Vatikan: Anti-Mussolini-Inschrift im Papst-Palast

Wer im Apostolischen Palast am Petersplatz einen Termin im Staatssekretariat hat, muss wahrscheinlich in einem Saal der Dritten Loggia einen Moment warten…

Wenn er dabei ein Fresko des Saals in Augenschein nimmt, das der Werkstatt Raffaels zugeschrieben wird, kann er eine ungewöhnliche Entdeckung machen: An einer schwer zugänglichen Stelle findet sich, zwischen Blattwerk versteckt, der Schriftzug „Tod Mussolini“.

Zwischen Renaissance-Blattwerk versteckt

„Ein verstecktes Zeugnis der Geschichte des 20. Jahrhunderts“ nennen Andrea Tornielli und Roberta Cetera den Fund. Sie machen in diesen Tagen in einem Aufsatz bei Vatican News auf die ungewöhnliche Inschrift aufmerksam.

Unklar ist, ob man im Vatikan schon länger von der antifaschistischen Inschrift gewusst oder sie in neuerer Zeit sozusagen wiederentdeckt hat. Bezeugt ist nur, dass der Saal einst zur Wohnung des Kardinals Bernardo Dovizi da Bibbiena gehörte, eines engen Mitarbeiters von Papst Leo X. Medici. Wie gelangten nun die Worte „mortemussolini“ zwischen die Schnörkel am Freskenfries?
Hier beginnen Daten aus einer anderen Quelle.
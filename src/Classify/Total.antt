-- ===== src/Classify/Total.antt =====
-- Every path has a resource, and a service of the table unless it is classified as other.
use middle.Prelude.{
  Bool, true, false, ◌&&◌, List, [], ◌∷◌, some, ◌≡◌, ◌≢◌, inl, inr, refl, arith, Bool-cases,
  Option-cases,
}
use middle.Text.{Text, is_empty, ◌==◌}
use middle.Classify.{
  PathClass, Orphan, member, lookup, namespaces, services, orphans, legacy_member, legacy_auth,
  legacy_resource, finish_class, classify_service, classify_segments, classify_named, classify_path,
  classify_resource, other_class, zh_class_label, path_segments,
}

-- Every orphan belongs to a service of the table.
all_orphans : List (Text × Orphan) → Bool
all_orphans [] = true
all_orphans ((k, o) ∷ rest) = member o.service services && all_orphans rest

orphans_checked : all_orphans orphans ≡ true
unfolding all_orphans member ◌==◌
orphans_checked = refl

all_orphans-lookup :
    (table : List (Text × Orphan)) (s : Text) (o : Orphan)
    → all_orphans table ≡ true
    → lookup s table ≡ some o
    → member o.service services ≡ true
unfolding all_orphans lookup
all_orphans-lookup [] s o h e = cc
all_orphans-lookup ((k, p) ∷ rest) s o h e = elim (Bool-cases (k == s)) [
  | inl same ↦ ground arith
  | inr other ↦ all_orphans-lookup rest s o (ground arith) (ground arith)
]

member_ne_nil : (s : Text) → member s services ≡ true → is_empty s ≡ false
unfolding member ◌==◌
member_ne_nil [] h = cc
member_ne_nil (c ∷ s) h = refl

legacy_member_ne_nil : (m : Text) → is_empty (legacy_member m) ≡ false
unfolding legacy_member
legacy_member_ne_nil m = ground arith

legacy_auth_ne_nil : (m : Text) → is_empty (legacy_auth m) ≡ false
unfolding legacy_auth
legacy_auth_ne_nil m = ground arith

legacy_resource_ne_nil : (s m : Text) → is_empty s ≡ false → is_empty (legacy_resource s m) ≡ false
unfolding legacy_resource
legacy_resource_ne_nil s m h = ground (arith, legacy_member_ne_nil m, legacy_auth_ne_nil m)

-- What holds of the class of a path.
pub data IsClassified (p : PathClass) : Type 0 where
  other : p ≡ other_class → IsClassified p
  known :
      member p.service services ≡ true
      → p.resource ≡ legacy_resource p.service p.module'
      → p.label ≡ zh_class_label p.service p.module'
      → IsClassified p

classify_service-IsClassified :
    (ns service : Text) (parts : List Text)
    → member service services ≡ true
    → IsClassified (classify_service ns service parts)
unfolding classify_service finish_class
classify_service-IsClassified ns service parts h = rw (member_ne_nil service h) (known h refl refl)

classify_segments-IsClassified :
    (ns : Text) (segs : List Text) → IsClassified (classify_segments ns segs)
unfolding classify_segments
classify_segments-IsClassified ns [] = other refl
classify_segments-IsClassified ns (service ∷ parts) = elim (Bool-cases (member service services)) [
  | inl h ↦ rw h (classify_service-IsClassified ns service parts h)
  | inr h ↦ elim (Option-cases (lookup service orphans)) [
    | inl missing ↦ rw (h, missing) (other refl)
    | inr (o, found) ↦
        rw (h, found)
          (classify_service-IsClassified ns o.service (o.module' ∷ parts)
            (all_orphans-lookup orphans service o orphans_checked found))
  ]
]

-- Every path is classified as other, with no service, or under a service of the table, with the
-- resource and the label that belong to its service and module.
pub classify_path-IsClassified : (path : Text) → IsClassified (classify_path path)
unfolding classify_path classify_named
classify_path-IsClassified path = go (path_segments path)
  where
    go : (segs : List Text) → IsClassified (classify_named segs)
    go [] = other refl
    go (s ∷ segs) = elim (Bool-cases (member s namespaces)) [
      | inl h ↦ rw h (classify_segments-IsClassified s segs)
      | inr h ↦ rw h (classify_segments-IsClassified [] (s ∷ segs))
    ]

IsClassified-resource : {p : PathClass} → IsClassified p → is_empty p.resource ≡ false
IsClassified-resource (other e) = rw e
IsClassified-resource {p} (known h e _) =
    rw e (legacy_resource_ne_nil p.service p.module' (member_ne_nil p.service h))

-- No resource is empty, so `ClassifyResource` never takes its fallback.
pub classify_resource_lem :
    (path : Text)
    → ((classify_path path).resource ≢ [])
      × (classify_resource path ≡ ((classify_path path).resource, (classify_path path).label))
unfolding classify_resource
classify_resource_lem path =
    let full = IsClassified-resource (classify_path-IsClassified path) in (ground arith, rw full)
Eine Ansicht des Freskofrieses mit der Inschrift
Eine Ansicht des Freskofrieses mit der Inschrift

Der Passierschein von Yad Vashem

Die beiden Autoren – Tornielli ist der Chefredakteur von Vatican News – vermuten, dass sich hier zur Zeit des faschistischen Italien „ein unbekannter antifaschistischer Dekorateur“ verewigt hat. Jemand wie Mario Bianchi: Das war der falsche Name von Ulisse Finzi, einem aus Bari stammenden Juden und bekannten Antifaschisten.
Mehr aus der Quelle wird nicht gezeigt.